◆ What is needed ◆
Looking at the data below, report how many lines contain "Queries", with no other words.
======== Provided records ========
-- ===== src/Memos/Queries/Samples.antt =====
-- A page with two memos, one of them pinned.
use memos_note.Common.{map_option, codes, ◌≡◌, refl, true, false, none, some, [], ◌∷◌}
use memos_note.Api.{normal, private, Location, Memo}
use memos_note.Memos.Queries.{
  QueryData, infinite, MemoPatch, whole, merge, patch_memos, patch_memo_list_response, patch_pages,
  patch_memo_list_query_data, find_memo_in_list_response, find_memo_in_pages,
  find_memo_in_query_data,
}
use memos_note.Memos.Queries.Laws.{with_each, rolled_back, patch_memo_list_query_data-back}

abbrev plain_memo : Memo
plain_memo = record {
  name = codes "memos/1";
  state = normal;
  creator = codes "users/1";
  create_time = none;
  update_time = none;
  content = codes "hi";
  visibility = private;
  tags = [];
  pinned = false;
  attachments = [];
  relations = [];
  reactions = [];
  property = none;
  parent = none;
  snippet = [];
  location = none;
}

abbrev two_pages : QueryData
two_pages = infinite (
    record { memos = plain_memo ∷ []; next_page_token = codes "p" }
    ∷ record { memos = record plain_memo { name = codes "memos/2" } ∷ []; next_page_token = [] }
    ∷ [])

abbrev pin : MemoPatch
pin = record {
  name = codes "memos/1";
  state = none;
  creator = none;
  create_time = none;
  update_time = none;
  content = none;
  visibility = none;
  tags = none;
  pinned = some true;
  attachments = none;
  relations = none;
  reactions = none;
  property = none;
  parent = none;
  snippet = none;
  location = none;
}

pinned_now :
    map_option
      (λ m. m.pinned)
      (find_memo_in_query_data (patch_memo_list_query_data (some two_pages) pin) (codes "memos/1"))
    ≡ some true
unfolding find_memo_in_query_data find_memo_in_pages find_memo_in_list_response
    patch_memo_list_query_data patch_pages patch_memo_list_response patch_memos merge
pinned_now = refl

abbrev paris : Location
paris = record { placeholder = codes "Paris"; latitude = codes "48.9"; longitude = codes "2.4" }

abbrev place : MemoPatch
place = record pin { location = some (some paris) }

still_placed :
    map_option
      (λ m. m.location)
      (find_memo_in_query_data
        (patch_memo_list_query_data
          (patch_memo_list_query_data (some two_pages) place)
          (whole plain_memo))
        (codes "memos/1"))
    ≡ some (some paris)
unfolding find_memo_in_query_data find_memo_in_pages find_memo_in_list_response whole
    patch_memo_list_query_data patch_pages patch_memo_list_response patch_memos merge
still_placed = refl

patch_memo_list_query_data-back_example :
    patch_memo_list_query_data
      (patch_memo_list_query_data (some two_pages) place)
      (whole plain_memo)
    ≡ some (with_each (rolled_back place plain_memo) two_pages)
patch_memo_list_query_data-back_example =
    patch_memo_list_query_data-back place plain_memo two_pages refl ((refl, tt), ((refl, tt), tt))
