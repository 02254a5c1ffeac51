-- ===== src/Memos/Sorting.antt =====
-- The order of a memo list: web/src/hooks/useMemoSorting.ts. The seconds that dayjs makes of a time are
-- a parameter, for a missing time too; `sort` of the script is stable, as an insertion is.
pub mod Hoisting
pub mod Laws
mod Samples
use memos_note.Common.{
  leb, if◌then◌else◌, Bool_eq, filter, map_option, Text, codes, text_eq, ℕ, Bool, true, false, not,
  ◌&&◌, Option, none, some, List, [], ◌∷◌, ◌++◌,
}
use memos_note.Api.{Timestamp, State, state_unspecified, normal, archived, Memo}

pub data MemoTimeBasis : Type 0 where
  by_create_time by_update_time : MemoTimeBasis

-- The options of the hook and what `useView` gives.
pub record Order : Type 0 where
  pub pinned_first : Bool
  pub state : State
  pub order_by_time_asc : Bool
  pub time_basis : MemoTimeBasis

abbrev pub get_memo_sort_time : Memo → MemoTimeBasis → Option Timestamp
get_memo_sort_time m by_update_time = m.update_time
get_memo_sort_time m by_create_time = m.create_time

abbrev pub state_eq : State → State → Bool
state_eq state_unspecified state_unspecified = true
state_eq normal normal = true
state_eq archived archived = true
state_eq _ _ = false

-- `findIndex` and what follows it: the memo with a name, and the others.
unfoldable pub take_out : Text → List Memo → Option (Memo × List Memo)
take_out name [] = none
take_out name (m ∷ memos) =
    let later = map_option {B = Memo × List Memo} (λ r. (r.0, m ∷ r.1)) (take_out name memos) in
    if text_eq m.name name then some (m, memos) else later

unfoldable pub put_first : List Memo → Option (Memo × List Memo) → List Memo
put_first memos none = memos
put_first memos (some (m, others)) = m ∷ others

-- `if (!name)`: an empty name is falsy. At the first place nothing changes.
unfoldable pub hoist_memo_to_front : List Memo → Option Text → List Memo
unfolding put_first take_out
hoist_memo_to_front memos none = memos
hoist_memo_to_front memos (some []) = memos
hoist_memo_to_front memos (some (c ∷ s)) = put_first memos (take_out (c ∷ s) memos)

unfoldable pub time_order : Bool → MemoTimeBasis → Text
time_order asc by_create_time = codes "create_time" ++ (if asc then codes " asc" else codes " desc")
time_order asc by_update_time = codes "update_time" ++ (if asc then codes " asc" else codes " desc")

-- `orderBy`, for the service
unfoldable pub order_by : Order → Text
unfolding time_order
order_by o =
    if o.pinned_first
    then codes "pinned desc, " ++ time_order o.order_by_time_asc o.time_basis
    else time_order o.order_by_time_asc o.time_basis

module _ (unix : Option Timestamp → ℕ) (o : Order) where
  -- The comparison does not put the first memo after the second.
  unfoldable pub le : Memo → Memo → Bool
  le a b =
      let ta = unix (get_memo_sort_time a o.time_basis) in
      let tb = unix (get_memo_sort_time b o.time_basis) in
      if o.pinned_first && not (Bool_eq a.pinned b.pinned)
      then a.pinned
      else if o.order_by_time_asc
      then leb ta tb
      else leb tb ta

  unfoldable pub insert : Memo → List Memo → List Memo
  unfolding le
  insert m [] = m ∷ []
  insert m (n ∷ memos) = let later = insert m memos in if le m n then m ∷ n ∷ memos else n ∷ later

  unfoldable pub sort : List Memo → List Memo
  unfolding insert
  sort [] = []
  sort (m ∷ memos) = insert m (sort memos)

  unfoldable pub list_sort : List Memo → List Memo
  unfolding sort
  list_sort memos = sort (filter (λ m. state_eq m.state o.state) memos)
========
◆ Answer to the exercise ◆
3